# Lobby > About Anxiety Space >  >  [resolved] Errors, slowness, drop-outs and poor access to chat

## Total Eclipse

As some of you have noticed, over the last few days there has been errors, slowness, drop-outs and poor access to chat. This started when the site was moved to a different server, unfortunately it had to be done at great speed that has left us with a few teething problems. Another outage is scheduled in a few hours time that will iron out the issues. In addition, some of your computers are still accessing the old server (due to the slowness of DNS) when accessing the chat room so you may not be able to access the chat, however, that should be cleared up in the next 24-48 hours.

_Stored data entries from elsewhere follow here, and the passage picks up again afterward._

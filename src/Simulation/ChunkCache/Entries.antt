-- ===== src/Simulation/ChunkCache/Entries.antt =====
-- demoPlayback.ts: the entries of the chunk cache, a map that holds a key once.
use sih.Prelude.{
  ℕ, ◌+◌, ◌≡◌, inl, inr, refl, sym, ap, ◌∙◌, subst, true, false, ◌||◌, String, List, [], ◌∷◌, ◌++◌,
  Memᴰ, arith, Bool-cases, filter, any, any-mem, ◌===◌, eq_iff, eq_refl,
}
use sih.Simulation.ChunkCache.{Entry, is_cached, delete, set}

abbrev pub total : List Entry → ℕ
total [] = 0
total (e ∷ es) = e.byte_length + total es

-- A map holds a key once.
abbrev pub IsDistinct : List Entry → Type 0
IsDistinct [] = Unit
IsDistinct (e ∷ es) = (is_cached e.url es ≡ false) × IsDistinct es

pub total-append : (es ds : List Entry) → total (es ++ ds) ≡ total es + total ds
total-append [] ds = omega arith
total-append (e ∷ es) ds = omega (arith, total-append es ds)

pub is_cached-append :
    (url : String) (es : List Entry) (d : Entry)
    → is_cached url (es ++ (d ∷ [])) ≡ (is_cached url es || d.url === url)
unfolding is_cached any
is_cached-append url [] d = ground arith
is_cached-append url (e ∷ es) d = ground (arith, is_cached-append url es d)

same_key : (a b : String) → a ≡ b → (a === b) ≡ true
same_key a b e = (eq_iff a b).1 e

other_way : (a b : String) → (a === b) ≡ false → (b === a) ≡ false
other_way a b h = elim (Bool-cases (b === a)) [
  | inl e ↦ absurd (cc (same_key a b (sym ((eq_iff b a).0 e)), h))
  | inr e ↦ e
]

pub apart :
    (e : Entry) (es : List Entry) (url : String)
    → is_cached url (e ∷ es) ≡ false
    → ((e.url === url) ≡ false) × (is_cached url es ≡ false)
unfolding is_cached any
apart e es url k = (ground arith, ground arith)

pub IsDistinct-append :
    (es : List Entry) (d : Entry)
    → IsDistinct es
    → is_cached d.url es ≡ false
    → IsDistinct (es ++ (d ∷ []))
IsDistinct-append [] d h k = (unfold is_cached any in refl, tt)
IsDistinct-append (e ∷ es) d (new, h) k =
    let (first, rest) = apart e es d.url k in
    (
      is_cached-append e.url es d ∙ ground (arith, new, other_way e.url d.url first),
      IsDistinct-append es d h rest,
    )

pub set_new : (e : Entry) (es : List Entry) → is_cached e.url es ≡ false → set e es ≡ es ++ (e ∷ [])
unfolding set is_cached any
set_new e [] h = refl
set_new e (d ∷ ds) h = ground (arith, set_new e ds)

delete_head :
    (url : String) (e : Entry) (es : List Entry)
    → (e.url === url) ≡ true
    → delete url (e ∷ es) ≡ delete url es
unfolding delete filter
delete_head url e es h = rw h refl

delete_tail :
    (url : String) (e : Entry) (es : List Entry)
    → (e.url === url) ≡ false
    → delete url (e ∷ es) ≡ e ∷ delete url es
unfolding delete filter
delete_tail url e es h = rw h refl

is_cached-cons :
    (url : String) (e : Entry) (es : List Entry)
    → is_cached url (e ∷ es) ≡ (e.url === url || is_cached url es)
unfolding is_cached any
is_cached-cons url e es = refl

is_cached-mem : (e : Entry) (es : List Entry) → Memᴰ e es → is_cached e.url es ≡ true
unfolding is_cached
is_cached-mem e es m = any-mem (λ d. d.url === e.url) es m (eq_refl e.url)

delete_absent : (url : String) (es : List Entry) → is_cached url es ≡ false → delete url es ≡ es
delete_absent url [] h = unfold delete filter in refl
delete_absent url (e ∷ es) h =
    let (first, rest) = apart e es url h in
    delete_tail url e es first ∙ ap (λ ds. e ∷ ds) (delete_absent url es rest)

is_cached-delete :
    (url key : String) (es : List Entry)
    → is_cached key es ≡ false
    → is_cached key (delete url es) ≡ false
is_cached-delete url key [] h = unfold delete filter in h
is_cached-delete url key (e ∷ es) h =
    let (first, rest) = apart e es key h in
    let later = is_cached-delete url key es rest in
    elim (Bool-cases (e.url === url)) [
      | inl same ↦ ap (is_cached key) (delete_head url e es same) ∙ later
      | inr other ↦
          ap (is_cached key) (delete_tail url e es other)
          ∙ is_cached-cons key e (delete url es)
          ∙ ground (arith, first, later)
    ]

pub deleted : (url : String) (es : List Entry) → is_cached url (delete url es) ≡ false
deleted url [] = unfold delete filter is_cached any in refl
deleted url (e ∷ es) = elim (Bool-cases (e.url === url)) [
  | inl same ↦ ap (is_cached url) (delete_head url e es same) ∙ deleted url es
  | inr other ↦
      ap (is_cached url) (delete_tail url e es other)
      ∙ is_cached-cons url e (delete url es)
      ∙ ground (arith, other, deleted url es)
]

pub IsDistinct-delete :
    (url : String) (es : List Entry) → IsDistinct es → IsDistinct (delete url es)
IsDistinct-delete url [] d = unfold delete filter in tt
IsDistinct-delete url (e ∷ es) (new, d) = elim (Bool-cases (e.url === url)) [
  | inl same ↦ subst IsDistinct (sym (delete_head url e es same)) (IsDistinct-delete url es d)
  | inr other ↦
      subst IsDistinct (sym (delete_tail url e es other))
        (is_cached-delete url e.url es new, IsDistinct-delete url es d)
]

pub total-delete :
    (e : Entry) (es : List Entry)
    → Memᴰ e es
    → IsDistinct es
    → total (delete e.url es) + e.byte_length ≡ total es
total-delete e [] m d = elim m [ ]
total-delete e (x ∷ xs) (Memᴰ.head same) (new, d) =
    let key : x.url ≡ e.url = ap (λ y. y.url) (sym same) in
    let gone : delete e.url (x ∷ xs) ≡ xs =
      delete_head e.url x xs (same_key x.url e.url key)
      ∙ delete_absent e.url xs (subst (λ u. is_cached u xs ≡ false) key new) in
    let size : e.byte_length ≡ x.byte_length = ap (λ y. y.byte_length) same in
    omega (arith, ap total gone, size)
total-delete e (x ∷ xs) (Memᴰ.tail m) (new, d) =
    let other : (x.url === e.url) ≡ false = differ in
    omega (arith, ap total (delete_tail e.url x xs other), total-delete e xs m d)
  where
    differ : (x.url === e.url) ≡ false
    differ = elim (Bool-cases (x.url === e.url)) [
      | inr miss ↦ miss
      | inl hit ↦
          let clash = subst (λ u. is_cached u xs ≡ false) ((eq_iff x.url e.url).0 hit) new in
          absurd (cc (is_cached-mem e xs m, clash))
    ]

Again apologies for the inconvenience.

If you come across a error or issue, please post it here, even if it is minor, the information is very helpful.

----------


## Anteros

Thanks for the heads-up!

----------


## Marleywhite

Every time I log in I get this message----> Invalid Redirect URL (http://www.anxietyspace.com/)
Sometimes the smileys on the chat appear like this------> ( cry )
 ::D:

----------


## grimmnaux

> Every time I log in I get this message----> Invalid Redirect URL (http://www.anxietyspace.com/)
> Sometimes the smileys on the chat appear like this------> ( cry )



Yep, that happens to me too.

----------


## Marleywhite

:Celebrate:  Thank You!

----------


## grimmnaux

Thank you.

----------


## Chantellabella

Thank you, Kay for your time and talent around here. You keep this place in tip top running order and it's much appreciated.  ::):

----------